Sunday, July 01, 2007

The Female Narcissist by Irene Matiatos - Part 2


The Devil in disguise

The apparent angel is the devil in disguise.

A compulsive liar who needs to mislead to maintain her unblemished facade, Dana is not a mean or cruel person. This young woman really wants to do the right thing. While she derives a measure of immediate satisfaction from her cruelty, when forced to face her behavior, she is not happy she mistreats others. After all, a misbehavior is not in keeping with her perfect image of herself! When reality occasionally hits her and she is confronted with her condescending acts, she becomes upset with herself, often in tears.

For a short time.

Soon all is forgotten. Time heals or she takes solace in blaming others.

When she presents her selectively-presented view, it sounds compelling. Until one realizes nothing ever seems to be her issue. Someone or something else is to blame — or the entire topic is dropped. No matter how much she has vowed to correct these behaviors, she does not.

She cannot because she will not.


Why, why, why?

She cannot because she chooses not to face the truth about herself. She cannot face that her nature is in fact dark and very imperfect. She cannot face that she is no more special, no more unique, no more perfect than anybody else.

Unthinkable!

What can she possibly fall back on if she were to simply enjoy her many assets as well as accept and work around the impact of her many deficits?

She believes special rules apply to her, and she is not willing to give these up without a struggle. She's secretly glad others haven't figured out how to be as special as she is. Giving up her specialness is unthinkable. It does not feel good.


How, how, how?

Keep in mind that narcissism is a lifelong pattern developing from childhood and believed to have a biological basis. If deception and pretense have provided a lifetime of comforts and esteem supplies, why mess things up? Isn't it more satisfying to concern herself with gratification in the moment? Why work when you can instead do just enough to get by? Better to spend that energy cultivating one's external assets and targets. These yield immediate rewards.
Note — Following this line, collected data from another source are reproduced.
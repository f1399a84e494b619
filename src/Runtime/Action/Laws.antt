-- ===== src/Runtime/Action/Laws.antt =====
-- How the body of `_execute_run` ends, by what the processes it starts end with.
use open_energy_data_server.Common.{
  zero, suc, String, ◌≡◌, ◌↔◌, refl, subst, ◌∙◌, true, false, Option, none, some, [], ◌∷◌, arith,
  if◌then◌else◌, Bool-cases, inl, inr,
}
use open_energy_data_server.Yaml
use open_energy_data_server.Yaml.{
  Value, null, bool, int, negative, real, text, list, dict, Fields, Items, nil, cons,
}
use open_energy_data_server.Runtime.Action.{
  Ended, returned, raised, exited, ReturnCode, exit, signal, is_success, PreparedAction, Outside,
  checked, ◌then◌, execute, run_scripts, start_script, run_post_scripts, scripts_of, some_crawler,
  post_scripts, run_body, Executor, run_default, run_entsoe_backfill, run_gapfill_backfill,
  run_price_forecast, with_crawler, gapfill_command, forecast_command, gapfill_done, forecast_done,
  backfill_done,
}

abbrev default_done : String
default_done = "Run completed successfully."

module _ {Crawler : Type 0} (o : Outside Crawler) where
  -- the item is a text, and the process with that text as its command ends with code 0
  abbrev pub ScriptDone : Value → Type 0
  ScriptDone script =
      (path : String) × (script ≡ text path) × (o.subprocess (path ∷ []) ≡ returned (exit 0))

  abbrev pub AllDone : Items → Type 0
  AllDone nil = Unit {0}
  AllDone (cons script scripts) = ScriptDone script × AllDone scripts

  then_returned {ℓ κ} :
      {A : Type ℓ} {B : Type κ} (a : Ended A) (next : A → Ended B) (b : B)
      → (a then next) ≡ returned b
      → (x : A) × (a ≡ returned x) × (next x ≡ returned b)
  unfolding ◌then◌
  then_returned (returned x) next b h = (x, refl, h)
  then_returned (raised m n) next b h = absurd (ground arith)
  then_returned exited next b h = absurd (ground arith)

  checked_returned : (what : String) (c : ReturnCode) → checked what c ≡ returned tt → c ≡ exit 0
  unfolding checked is_success
  checked_returned what (exit zero) h = refl
  checked_returned what (exit (suc n)) h = absurd (ground arith)
  checked_returned what (signal n) h = absurd (ground arith)

  started_script :
      (script : Value) (c : ReturnCode)
      → start_script o script ≡ returned c
      → (path : String) × (script ≡ text path) × (o.subprocess (path ∷ []) ≡ returned c)
  unfolding start_script
  started_script (text path) c h = (path, refl, h)
  started_script null c h = absurd (ground arith)
  started_script (bool b) c h = absurd (ground arith)
  started_script (int n) c h = absurd (ground arith)
  started_script (negative n) c h = absurd (ground arith)
  started_script (real t) c h = absurd (ground arith)
  started_script (list items) c h = absurd (ground arith)
  started_script (dict fields) c h = absurd (ground arith)

  scripts_forward : (scripts : Items) → run_scripts o scripts ≡ returned tt → AllDone scripts
  unfolding run_scripts
  scripts_forward nil h = tt
  scripts_forward (cons script scripts) h =
      let (_, first, rest) = then_returned _ _ _ h in
      let (c, ran, good) = then_returned _ _ _ first in
      let (path, is_text, done) = started_script script c ran in
      (
        (
          path,
          is_text,
          subst (λ x. o.subprocess (path ∷ []) ≡ returned x) (checked_returned _ c good) done,
        ),
        scripts_forward scripts rest,
      )

  scripts_back : (scripts : Items) → AllDone scripts → run_scripts o scripts ≡ returned tt
  unfolding run_scripts ◌then◌ checked is_success start_script
  scripts_back nil h = refl
  scripts_back (cons script scripts) h =
      let (path, is_text, done) = h.0 in rw is_text (rw done (scripts_back scripts h.1))

  -- `_run_post_scripts` returns exactly if every configured script is a text whose process ends with
  -- code 0.
  pub run_post_scripts-AllDone :
      (config : Fields)
      → (run_post_scripts o config ≡ returned tt)
        ↔ AllDone (scripts_of (Yaml.get "post_run_scripts" config))
  unfolding run_post_scripts
  run_post_scripts-AllDone config = (scripts_forward _, scripts_back _)

  posted :
      (p : PreparedAction)
      → post_scripts o p ≡ returned tt
      → p.run_post_scripts ≡ true
      → AllDone (scripts_of (Yaml.get "post_run_scripts" p.effective_config))
  unfolding post_scripts run_post_scripts
  posted p h e = scripts_forward _ (
      subst (λ b. (if b then run_post_scripts o p.effective_config else returned tt) ≡ returned tt)
        e h)

  post_back :
      (p : PreparedAction)
      → (p.run_post_scripts ≡ true
          → AllDone (scripts_of (Yaml.get "post_run_scripts" p.effective_config)))
      → post_scripts o p ≡ returned tt
  unfolding post_scripts run_post_scripts
  post_back p h = elim (Bool-cases p.run_post_scripts) [
    | inl e ↦ rw e (scripts_back _ (h e))
    | inr e ↦ rw e refl
  ]

  -- what an executor has to have done, and the summary it gives then
  abbrev pub IsExecuted : Executor → Option Crawler → String → Type 0
  IsExecuted run_default crawler summary =
      (c : Crawler) × (crawler ≡ some c) × (o.run c ≡ returned tt) × (summary ≡ default_done)
  IsExecuted (run_entsoe_backfill p) crawler summary =
      (c : Crawler) × (crawler ≡ some c)
      × (o.backwards_update c p.start p.end_value p.target_files_dir_index ≡ returned tt)
      × (summary ≡ backfill_done p)
  IsExecuted (run_gapfill_backfill p) crawler summary =
      (o.subprocess (gapfill_command p) ≡ returned (exit 0)) × (summary ≡ gapfill_done p)
  IsExecuted (run_price_forecast p) crawler summary =
      (o.subprocess (forecast_command p) ≡ returned (exit 0)) × (summary ≡ forecast_done p)

  -- the crawler that an action gets: one that was built, if it asks for one
  abbrev pub IsGiven : PreparedAction → Option Crawler → Type 0
  IsGiven p crawler =
      (p.requires_crawler ≡ true
        → (c : Crawler) × (o.build_crawler_instance p.crawler_name p.effective_config ≡ returned c)
          × (crawler ≡ some c))
      × (p.requires_crawler ≡ false → crawler ≡ none)

  with_crawler_returned :
      (crawler : Option Crawler) (use_it : Crawler → Ended (Unit {0})) (u : Unit {0})
      → with_crawler o crawler use_it ≡ returned u
      → (c : Crawler) × (crawler ≡ some c) × (use_it c ≡ returned tt)
  unfolding with_crawler
  with_crawler_returned none use_it u h = absurd (ground arith)
  with_crawler_returned (some c) use_it u h = (c, refl, h)

  same_summary : (a b : String) → returned a ≡ returned b → b ≡ a
  same_summary a b h = ground arith

  executed :
      (e : Executor) (crawler : Option Crawler) (summary : String)
      → execute o e crawler ≡ returned summary
      → IsExecuted e crawler summary
  unfolding execute
  executed run_default crawler summary h =
      let (u, first, rest) = then_returned _ _ _ h in
      let (c, given, ran) = with_crawler_returned crawler _ u first in
      (c, given, ran, same_summary _ summary rest)
  executed (run_entsoe_backfill p) crawler summary h =
      let (u, first, rest) = then_returned _ _ _ h in
      let (c, given, ran) = with_crawler_returned crawler _ u first in
      (c, given, ran, same_summary _ summary rest)
  executed (run_gapfill_backfill p) crawler summary h =
      let (_, first, rest) = then_returned _ _ _ h in
      let (c, ran, good) = then_returned _ _ _ first in
      (
        subst (λ x. o.subprocess (gapfill_command p) ≡ returned x) (checked_returned _ c good) ran,
        same_summary _ summary rest,
      )
  executed (run_price_forecast p) crawler summary h =
      let (_, first, rest) = then_returned _ _ _ h in
      let (c, ran, good) = then_returned _ _ _ first in
      (
        subst (λ x. o.subprocess (forecast_command p) ≡ returned x) (checked_returned _ c good) ran,
        same_summary _ summary rest,
      )

  execute_back :
      (e : Executor) (crawler : Option Crawler) (summary : String)
      → IsExecuted e crawler summary
      → execute o e crawler ≡ returned summary
  unfolding execute ◌then◌ with_crawler checked is_success
  execute_back run_default crawler summary h =
      let (c, given, ran, same) = h in rw given (rw ran (rw same refl))
  execute_back (run_entsoe_backfill p) crawler summary h =
      let (c, given, ran, same) = h in rw given (rw ran (rw same refl))
  execute_back (run_gapfill_backfill p) crawler summary h =
      let (ran, same) = h in rw ran (rw same refl)
  execute_back (run_price_forecast p) crawler summary h =
      let (ran, same) = h in rw ran (rw same refl)

  built_crawler :
      (p : PreparedAction) (crawler : Option Crawler)
      → some_crawler o p ≡ returned crawler
      → IsGiven p crawler
  unfolding some_crawler
  built_crawler p crawler h = (
    (λ e.
        let (c, built, rest) = then_returned _ _ _ (
          subst
            (λ b.
              (if b
                then o.build_crawler_instance p.crawler_name p.effective_config
                then (λ crawler'. returned (some crawler'))
                else returned none)
              ≡ returned crawler)
            e h) in
        (c, built, ground (arith, rest))),
    λ e. ground (arith, h, e),
  )

  given_back :
      (p : PreparedAction) (crawler : Option Crawler)
      → IsGiven p crawler
      → some_crawler o p ≡ returned crawler
  unfolding some_crawler ◌then◌
  given_back p crawler h = elim (Bool-cases p.requires_crawler) [
    | inl e ↦ let (c, built, same) = h.0 e in rw e (rw built (rw same refl))
    | inr e ↦ rw e (rw (h.1 e) refl)
  ]

  -- The body of `_execute_run` returns a summary exactly if a crawler was built where the action
  -- asks for one, the executor has done its work without an exception, a process it starts ending
  -- with code 0, and gives that summary, and, where the action runs post-run scripts, every
  -- configured script is a text whose process ends with code 0.
  pub run_body_returns :
      (p : PreparedAction) (summary : String)
      → (run_body o p ≡ returned summary) ↔ (
          (crawler : Option Crawler) × IsGiven p crawler
          × IsExecuted p.executor crawler summary
          × (p.run_post_scripts ≡ true
              → AllDone (scripts_of (Yaml.get "post_run_scripts" p.effective_config))))
  unfolding run_body ◌then◌
  run_body_returns p summary = (
    (λ h.
        let (given, first, tail) = then_returned _ _ _ h in
        let (crawler, built, ran) = then_returned _ _ _ first in
        let (_, scripts, last) = then_returned _ _ _ tail in
        (
          crawler,
          built_crawler p crawler built,
          executed p.executor crawler summary (ran ∙ last),
          posted p scripts,
        )),
    λ h.
        let (crawler, given, done, scripts) = h in
        let built = given_back p crawler given in
        let ran = execute_back p.executor crawler summary done in
        rw (built, ran, post_back p scripts) refl,
  )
After all, the only thing she compromises is her Self, her integrity, her relationships. All the things she has never known or understood, but thinks she knows well.


Trustworthiness

With all these issues, the narcissistic woman (or man for that matter) cannot be trusted. They are not trustworthy — unless they are expending energy pretending to be trustworthy. So, at best, their trustworthiness is inconsistent. Like the male abuser, her moods are unpredictable. When frustrated, the energy demands of being "on" are too great. Her frustration slips away from her — and spills onto anybody unfortunate enough to be in the way.


In a nutshell


To feel whole, a woman like Dana needs to be the center of attention, be the prettiest, the most fortunate, the most talented, the bestest. She cultivates others who will be manipulated by her to admire her, adore her, inflate her, love her, and overlook her pretense, lies and half-truths.

If she is questioned, she distances. This simple yet effective technique invariably affects the codependents in her life. On cue, they lay low and let the issue drop or chase her, thinking they must have done something wrong, worrying that she won't want to be with them. Should an admirer truly believe in her specialness, and try too hard to win her, they are treated with contempt instead of charity. These people represent that which she despises: only the weak and common permit themselves to be demeaned.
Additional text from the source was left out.